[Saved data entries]
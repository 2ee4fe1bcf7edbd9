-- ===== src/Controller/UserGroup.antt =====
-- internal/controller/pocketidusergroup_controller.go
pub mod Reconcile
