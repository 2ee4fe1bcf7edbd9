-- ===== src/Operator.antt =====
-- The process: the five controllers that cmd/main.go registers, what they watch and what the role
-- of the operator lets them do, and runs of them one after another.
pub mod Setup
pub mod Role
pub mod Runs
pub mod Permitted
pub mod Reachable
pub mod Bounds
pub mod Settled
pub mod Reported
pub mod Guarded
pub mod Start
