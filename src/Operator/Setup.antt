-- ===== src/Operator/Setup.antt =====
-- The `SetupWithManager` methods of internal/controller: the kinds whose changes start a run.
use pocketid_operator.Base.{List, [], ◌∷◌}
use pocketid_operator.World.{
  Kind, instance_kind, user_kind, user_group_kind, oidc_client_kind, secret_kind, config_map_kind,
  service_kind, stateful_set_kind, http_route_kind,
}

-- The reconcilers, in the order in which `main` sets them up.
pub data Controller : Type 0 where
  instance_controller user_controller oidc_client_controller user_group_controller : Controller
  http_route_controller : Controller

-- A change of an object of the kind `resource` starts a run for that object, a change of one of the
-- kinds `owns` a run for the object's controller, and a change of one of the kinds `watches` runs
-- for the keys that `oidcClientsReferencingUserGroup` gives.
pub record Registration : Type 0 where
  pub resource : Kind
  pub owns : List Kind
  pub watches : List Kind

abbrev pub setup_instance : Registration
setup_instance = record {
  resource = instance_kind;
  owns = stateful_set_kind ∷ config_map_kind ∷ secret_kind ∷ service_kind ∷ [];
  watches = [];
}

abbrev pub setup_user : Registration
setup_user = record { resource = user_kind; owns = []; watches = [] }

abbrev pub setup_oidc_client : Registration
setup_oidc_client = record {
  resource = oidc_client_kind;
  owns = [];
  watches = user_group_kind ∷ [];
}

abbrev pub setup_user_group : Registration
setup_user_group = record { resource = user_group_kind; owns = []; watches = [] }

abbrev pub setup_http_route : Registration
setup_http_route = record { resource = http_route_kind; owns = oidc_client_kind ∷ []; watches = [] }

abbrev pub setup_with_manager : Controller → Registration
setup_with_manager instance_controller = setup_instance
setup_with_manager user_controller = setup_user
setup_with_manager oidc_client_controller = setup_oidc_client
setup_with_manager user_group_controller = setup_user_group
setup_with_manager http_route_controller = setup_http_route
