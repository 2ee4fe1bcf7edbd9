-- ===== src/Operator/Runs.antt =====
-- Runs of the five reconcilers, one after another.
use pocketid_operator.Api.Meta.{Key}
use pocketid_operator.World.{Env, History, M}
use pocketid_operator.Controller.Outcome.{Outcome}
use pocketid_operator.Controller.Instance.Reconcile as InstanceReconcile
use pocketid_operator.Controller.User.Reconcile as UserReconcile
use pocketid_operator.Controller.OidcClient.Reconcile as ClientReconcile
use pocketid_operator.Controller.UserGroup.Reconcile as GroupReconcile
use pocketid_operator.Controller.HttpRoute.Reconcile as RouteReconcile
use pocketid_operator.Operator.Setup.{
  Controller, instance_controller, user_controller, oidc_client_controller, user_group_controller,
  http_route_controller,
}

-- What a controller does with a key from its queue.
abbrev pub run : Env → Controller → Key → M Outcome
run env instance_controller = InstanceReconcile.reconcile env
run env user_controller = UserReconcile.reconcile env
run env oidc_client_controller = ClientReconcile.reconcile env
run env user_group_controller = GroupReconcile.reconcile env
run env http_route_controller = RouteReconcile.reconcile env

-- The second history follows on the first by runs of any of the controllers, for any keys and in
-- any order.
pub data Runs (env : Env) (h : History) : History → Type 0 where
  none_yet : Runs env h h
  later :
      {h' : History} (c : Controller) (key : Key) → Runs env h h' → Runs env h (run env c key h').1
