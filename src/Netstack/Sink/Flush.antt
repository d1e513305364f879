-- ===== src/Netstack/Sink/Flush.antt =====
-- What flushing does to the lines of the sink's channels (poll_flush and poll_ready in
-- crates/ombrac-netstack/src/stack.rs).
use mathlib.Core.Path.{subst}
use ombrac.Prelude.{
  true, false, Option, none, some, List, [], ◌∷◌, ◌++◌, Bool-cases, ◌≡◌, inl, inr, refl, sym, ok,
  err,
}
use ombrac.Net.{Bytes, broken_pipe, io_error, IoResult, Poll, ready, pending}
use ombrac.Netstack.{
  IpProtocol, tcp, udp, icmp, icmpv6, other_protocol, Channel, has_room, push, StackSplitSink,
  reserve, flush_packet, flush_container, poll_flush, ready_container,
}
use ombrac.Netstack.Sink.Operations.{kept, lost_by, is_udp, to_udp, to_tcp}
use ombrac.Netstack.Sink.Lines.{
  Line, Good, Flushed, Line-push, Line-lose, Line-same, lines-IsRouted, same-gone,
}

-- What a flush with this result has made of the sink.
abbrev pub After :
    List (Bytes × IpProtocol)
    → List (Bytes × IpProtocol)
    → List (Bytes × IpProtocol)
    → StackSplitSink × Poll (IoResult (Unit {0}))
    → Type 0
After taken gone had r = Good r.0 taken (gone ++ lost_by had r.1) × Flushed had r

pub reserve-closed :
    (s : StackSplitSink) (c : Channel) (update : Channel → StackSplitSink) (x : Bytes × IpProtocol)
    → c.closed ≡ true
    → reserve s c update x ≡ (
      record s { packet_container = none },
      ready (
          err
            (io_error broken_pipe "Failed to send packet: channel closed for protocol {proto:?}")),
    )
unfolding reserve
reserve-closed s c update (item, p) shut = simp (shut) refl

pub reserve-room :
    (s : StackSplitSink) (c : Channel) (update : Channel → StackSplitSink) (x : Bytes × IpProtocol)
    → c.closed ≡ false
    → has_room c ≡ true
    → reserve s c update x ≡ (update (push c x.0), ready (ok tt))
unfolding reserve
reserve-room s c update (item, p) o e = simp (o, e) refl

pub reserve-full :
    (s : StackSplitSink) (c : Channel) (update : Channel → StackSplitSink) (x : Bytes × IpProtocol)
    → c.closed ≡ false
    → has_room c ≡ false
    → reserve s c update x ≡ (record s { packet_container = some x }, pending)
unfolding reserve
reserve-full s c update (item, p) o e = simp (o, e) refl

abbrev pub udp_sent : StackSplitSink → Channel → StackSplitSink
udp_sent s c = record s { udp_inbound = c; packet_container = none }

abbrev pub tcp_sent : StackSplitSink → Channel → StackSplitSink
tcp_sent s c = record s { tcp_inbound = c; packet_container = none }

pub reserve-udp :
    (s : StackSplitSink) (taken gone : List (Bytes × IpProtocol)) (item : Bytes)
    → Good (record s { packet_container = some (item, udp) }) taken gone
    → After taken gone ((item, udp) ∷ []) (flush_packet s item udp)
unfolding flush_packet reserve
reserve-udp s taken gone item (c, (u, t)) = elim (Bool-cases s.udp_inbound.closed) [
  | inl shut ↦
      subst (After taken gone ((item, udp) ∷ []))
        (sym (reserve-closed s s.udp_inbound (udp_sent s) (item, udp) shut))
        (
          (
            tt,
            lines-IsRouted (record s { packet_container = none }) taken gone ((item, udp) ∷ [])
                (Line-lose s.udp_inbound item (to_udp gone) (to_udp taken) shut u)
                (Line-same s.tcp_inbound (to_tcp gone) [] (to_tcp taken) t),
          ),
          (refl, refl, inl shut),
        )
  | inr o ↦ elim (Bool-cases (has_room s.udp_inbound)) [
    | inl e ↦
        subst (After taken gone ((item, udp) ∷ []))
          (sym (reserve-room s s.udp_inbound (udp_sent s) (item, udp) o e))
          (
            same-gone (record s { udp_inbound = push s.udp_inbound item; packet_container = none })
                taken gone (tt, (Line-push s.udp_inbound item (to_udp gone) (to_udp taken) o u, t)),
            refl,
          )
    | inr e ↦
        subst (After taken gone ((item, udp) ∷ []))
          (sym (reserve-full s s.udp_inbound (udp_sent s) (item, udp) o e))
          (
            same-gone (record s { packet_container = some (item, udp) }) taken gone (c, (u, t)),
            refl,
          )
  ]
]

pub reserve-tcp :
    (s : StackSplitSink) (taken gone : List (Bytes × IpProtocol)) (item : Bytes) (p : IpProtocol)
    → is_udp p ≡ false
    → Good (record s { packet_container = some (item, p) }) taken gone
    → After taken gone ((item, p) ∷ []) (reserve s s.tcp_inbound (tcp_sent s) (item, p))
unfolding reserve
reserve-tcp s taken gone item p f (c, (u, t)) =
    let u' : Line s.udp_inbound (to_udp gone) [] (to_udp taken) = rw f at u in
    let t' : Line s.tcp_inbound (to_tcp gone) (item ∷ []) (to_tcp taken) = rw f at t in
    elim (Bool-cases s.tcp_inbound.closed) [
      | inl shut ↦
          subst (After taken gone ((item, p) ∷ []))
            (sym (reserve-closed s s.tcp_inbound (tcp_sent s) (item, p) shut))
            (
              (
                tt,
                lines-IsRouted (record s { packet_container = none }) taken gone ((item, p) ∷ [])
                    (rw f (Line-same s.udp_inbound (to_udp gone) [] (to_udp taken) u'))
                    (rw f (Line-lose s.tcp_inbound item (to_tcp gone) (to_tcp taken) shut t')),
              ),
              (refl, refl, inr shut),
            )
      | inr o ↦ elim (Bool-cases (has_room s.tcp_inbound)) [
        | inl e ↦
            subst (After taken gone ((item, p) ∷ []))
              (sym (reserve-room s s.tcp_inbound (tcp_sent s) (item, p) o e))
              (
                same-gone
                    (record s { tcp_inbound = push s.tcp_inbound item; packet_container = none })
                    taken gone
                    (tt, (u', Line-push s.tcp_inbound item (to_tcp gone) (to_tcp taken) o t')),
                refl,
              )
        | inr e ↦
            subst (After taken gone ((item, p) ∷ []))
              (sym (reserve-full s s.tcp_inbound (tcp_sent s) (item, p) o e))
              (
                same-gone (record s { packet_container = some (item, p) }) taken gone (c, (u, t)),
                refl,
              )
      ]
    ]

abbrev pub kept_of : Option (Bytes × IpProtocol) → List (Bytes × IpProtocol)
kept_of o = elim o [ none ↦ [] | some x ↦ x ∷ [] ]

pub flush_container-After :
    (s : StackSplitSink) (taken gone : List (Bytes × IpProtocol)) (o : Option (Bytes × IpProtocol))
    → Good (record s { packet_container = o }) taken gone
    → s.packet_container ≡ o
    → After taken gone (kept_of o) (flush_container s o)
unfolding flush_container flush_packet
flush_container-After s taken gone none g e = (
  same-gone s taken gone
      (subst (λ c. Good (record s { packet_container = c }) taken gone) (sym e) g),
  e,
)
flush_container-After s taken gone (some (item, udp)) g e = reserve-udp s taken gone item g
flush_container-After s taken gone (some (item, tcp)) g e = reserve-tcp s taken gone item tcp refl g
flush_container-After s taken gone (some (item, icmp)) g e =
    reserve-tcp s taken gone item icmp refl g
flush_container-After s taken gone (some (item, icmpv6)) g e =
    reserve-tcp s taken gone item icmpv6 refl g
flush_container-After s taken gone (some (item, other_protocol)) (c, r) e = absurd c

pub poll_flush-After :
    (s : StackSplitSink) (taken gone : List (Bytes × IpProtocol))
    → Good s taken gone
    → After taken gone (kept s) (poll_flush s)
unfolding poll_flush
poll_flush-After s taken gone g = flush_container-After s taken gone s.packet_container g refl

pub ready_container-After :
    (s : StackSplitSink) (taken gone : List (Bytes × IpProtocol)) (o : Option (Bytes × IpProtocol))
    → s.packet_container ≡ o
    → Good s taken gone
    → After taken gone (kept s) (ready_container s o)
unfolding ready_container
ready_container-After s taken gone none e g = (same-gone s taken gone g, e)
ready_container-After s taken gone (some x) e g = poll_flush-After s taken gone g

--

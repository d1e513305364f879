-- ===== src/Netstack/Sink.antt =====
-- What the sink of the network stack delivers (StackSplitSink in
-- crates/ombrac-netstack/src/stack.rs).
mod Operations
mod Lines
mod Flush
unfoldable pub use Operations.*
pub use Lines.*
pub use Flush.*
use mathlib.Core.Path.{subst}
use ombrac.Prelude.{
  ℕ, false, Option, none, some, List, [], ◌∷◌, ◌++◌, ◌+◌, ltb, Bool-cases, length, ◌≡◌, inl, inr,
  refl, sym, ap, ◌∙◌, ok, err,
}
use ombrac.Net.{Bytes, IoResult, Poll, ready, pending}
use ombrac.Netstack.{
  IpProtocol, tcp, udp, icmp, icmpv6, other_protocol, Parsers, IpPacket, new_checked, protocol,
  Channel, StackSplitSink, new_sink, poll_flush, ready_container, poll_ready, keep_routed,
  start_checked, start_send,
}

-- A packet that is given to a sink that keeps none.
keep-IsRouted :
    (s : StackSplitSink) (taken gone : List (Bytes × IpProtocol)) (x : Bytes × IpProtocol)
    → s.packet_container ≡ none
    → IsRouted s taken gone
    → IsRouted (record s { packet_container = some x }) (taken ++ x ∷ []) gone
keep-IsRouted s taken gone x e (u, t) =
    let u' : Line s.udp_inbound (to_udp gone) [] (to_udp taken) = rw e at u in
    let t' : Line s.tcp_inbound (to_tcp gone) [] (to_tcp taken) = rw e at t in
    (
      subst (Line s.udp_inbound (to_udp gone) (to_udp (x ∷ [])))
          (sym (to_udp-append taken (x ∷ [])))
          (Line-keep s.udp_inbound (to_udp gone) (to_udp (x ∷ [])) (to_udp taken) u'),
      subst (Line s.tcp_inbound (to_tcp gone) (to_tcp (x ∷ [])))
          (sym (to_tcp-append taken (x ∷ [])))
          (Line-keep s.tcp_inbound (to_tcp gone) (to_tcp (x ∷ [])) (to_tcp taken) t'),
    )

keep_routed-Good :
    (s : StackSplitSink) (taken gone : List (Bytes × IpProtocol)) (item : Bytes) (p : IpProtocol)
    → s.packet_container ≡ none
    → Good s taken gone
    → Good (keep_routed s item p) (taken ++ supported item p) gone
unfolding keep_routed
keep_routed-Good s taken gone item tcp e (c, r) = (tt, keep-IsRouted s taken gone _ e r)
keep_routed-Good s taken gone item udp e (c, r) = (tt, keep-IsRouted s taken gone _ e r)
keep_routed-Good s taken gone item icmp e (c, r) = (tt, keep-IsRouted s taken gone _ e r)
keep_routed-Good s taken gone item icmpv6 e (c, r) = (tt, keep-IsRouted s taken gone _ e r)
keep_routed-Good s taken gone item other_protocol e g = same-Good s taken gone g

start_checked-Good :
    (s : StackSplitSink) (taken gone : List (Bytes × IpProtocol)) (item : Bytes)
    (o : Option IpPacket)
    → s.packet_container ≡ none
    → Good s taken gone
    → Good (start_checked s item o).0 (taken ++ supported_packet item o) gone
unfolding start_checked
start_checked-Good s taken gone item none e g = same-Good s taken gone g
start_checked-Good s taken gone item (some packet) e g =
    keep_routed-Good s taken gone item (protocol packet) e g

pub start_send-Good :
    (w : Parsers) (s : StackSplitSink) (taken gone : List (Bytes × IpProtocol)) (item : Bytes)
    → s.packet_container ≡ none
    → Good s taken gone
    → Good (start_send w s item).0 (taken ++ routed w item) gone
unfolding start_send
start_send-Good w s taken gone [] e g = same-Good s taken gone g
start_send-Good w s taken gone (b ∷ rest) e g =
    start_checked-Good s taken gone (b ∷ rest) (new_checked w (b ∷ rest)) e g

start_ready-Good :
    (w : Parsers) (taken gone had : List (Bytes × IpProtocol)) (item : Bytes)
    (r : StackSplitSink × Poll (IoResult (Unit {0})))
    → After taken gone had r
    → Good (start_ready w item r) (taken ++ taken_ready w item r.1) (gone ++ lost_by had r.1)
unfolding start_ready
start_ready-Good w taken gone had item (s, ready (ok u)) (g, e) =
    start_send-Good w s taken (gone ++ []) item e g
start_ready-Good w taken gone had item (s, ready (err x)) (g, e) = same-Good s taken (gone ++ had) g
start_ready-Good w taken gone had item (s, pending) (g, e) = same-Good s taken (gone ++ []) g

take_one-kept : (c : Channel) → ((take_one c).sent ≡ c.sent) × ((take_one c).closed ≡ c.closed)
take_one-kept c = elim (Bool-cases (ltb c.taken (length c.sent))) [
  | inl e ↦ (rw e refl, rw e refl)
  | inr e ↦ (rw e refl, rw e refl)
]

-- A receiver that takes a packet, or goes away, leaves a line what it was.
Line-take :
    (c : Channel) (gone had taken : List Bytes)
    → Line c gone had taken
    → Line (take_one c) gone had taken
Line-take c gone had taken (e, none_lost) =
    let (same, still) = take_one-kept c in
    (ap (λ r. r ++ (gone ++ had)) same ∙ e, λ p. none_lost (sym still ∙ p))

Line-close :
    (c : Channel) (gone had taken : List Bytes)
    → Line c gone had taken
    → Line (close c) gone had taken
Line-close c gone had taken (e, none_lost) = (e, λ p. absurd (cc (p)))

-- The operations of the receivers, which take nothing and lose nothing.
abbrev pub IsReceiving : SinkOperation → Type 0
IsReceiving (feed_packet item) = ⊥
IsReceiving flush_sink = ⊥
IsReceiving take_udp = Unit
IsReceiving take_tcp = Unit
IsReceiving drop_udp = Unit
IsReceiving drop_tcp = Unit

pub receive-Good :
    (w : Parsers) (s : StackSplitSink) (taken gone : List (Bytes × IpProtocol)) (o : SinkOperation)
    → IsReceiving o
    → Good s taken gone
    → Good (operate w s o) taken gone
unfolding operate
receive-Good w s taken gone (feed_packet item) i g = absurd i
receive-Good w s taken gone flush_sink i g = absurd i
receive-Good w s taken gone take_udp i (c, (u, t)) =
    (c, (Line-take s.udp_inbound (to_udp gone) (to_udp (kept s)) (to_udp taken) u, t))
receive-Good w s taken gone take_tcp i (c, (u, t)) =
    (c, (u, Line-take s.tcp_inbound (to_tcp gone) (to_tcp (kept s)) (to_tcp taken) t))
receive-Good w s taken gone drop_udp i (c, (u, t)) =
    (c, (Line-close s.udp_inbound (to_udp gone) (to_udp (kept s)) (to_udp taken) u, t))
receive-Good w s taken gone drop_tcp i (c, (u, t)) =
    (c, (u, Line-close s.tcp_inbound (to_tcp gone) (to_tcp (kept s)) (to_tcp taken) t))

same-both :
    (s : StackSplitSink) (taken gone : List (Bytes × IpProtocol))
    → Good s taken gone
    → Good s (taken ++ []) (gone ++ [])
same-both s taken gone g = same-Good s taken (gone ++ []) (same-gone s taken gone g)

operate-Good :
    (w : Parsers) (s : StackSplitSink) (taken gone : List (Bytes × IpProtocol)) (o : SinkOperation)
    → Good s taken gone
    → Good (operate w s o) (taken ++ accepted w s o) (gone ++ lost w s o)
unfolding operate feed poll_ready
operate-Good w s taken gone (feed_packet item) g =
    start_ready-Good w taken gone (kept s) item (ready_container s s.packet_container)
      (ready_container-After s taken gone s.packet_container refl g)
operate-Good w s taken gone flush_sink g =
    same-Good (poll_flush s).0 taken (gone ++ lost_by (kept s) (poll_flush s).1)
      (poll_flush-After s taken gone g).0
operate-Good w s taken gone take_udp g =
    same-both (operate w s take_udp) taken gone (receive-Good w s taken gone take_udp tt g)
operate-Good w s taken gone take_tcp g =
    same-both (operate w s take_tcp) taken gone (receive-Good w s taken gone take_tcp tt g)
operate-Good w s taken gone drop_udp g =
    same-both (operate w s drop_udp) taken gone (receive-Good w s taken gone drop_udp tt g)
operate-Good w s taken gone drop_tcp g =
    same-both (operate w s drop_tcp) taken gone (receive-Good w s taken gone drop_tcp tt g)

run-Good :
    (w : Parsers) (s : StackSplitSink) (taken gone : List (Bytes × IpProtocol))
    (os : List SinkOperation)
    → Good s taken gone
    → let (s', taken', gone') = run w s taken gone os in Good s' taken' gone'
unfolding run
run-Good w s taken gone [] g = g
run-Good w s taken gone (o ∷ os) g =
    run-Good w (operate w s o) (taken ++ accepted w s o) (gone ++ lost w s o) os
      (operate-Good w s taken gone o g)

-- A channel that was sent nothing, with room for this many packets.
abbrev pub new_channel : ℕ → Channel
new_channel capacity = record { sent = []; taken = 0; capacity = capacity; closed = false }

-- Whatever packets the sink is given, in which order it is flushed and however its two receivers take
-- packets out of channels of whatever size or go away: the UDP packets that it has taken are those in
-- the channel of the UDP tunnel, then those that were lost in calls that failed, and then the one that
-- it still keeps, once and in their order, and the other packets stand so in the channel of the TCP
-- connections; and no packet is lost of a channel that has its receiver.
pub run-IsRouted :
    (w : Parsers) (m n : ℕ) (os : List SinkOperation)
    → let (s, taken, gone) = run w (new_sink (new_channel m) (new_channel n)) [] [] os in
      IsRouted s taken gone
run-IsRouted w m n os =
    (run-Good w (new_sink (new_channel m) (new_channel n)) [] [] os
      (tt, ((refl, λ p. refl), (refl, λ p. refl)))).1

TASK REQUIREMENTS: Each line of the records above that contains the word "another" should be counted; give the resulting number without further words.

TASK OUTPUT: 2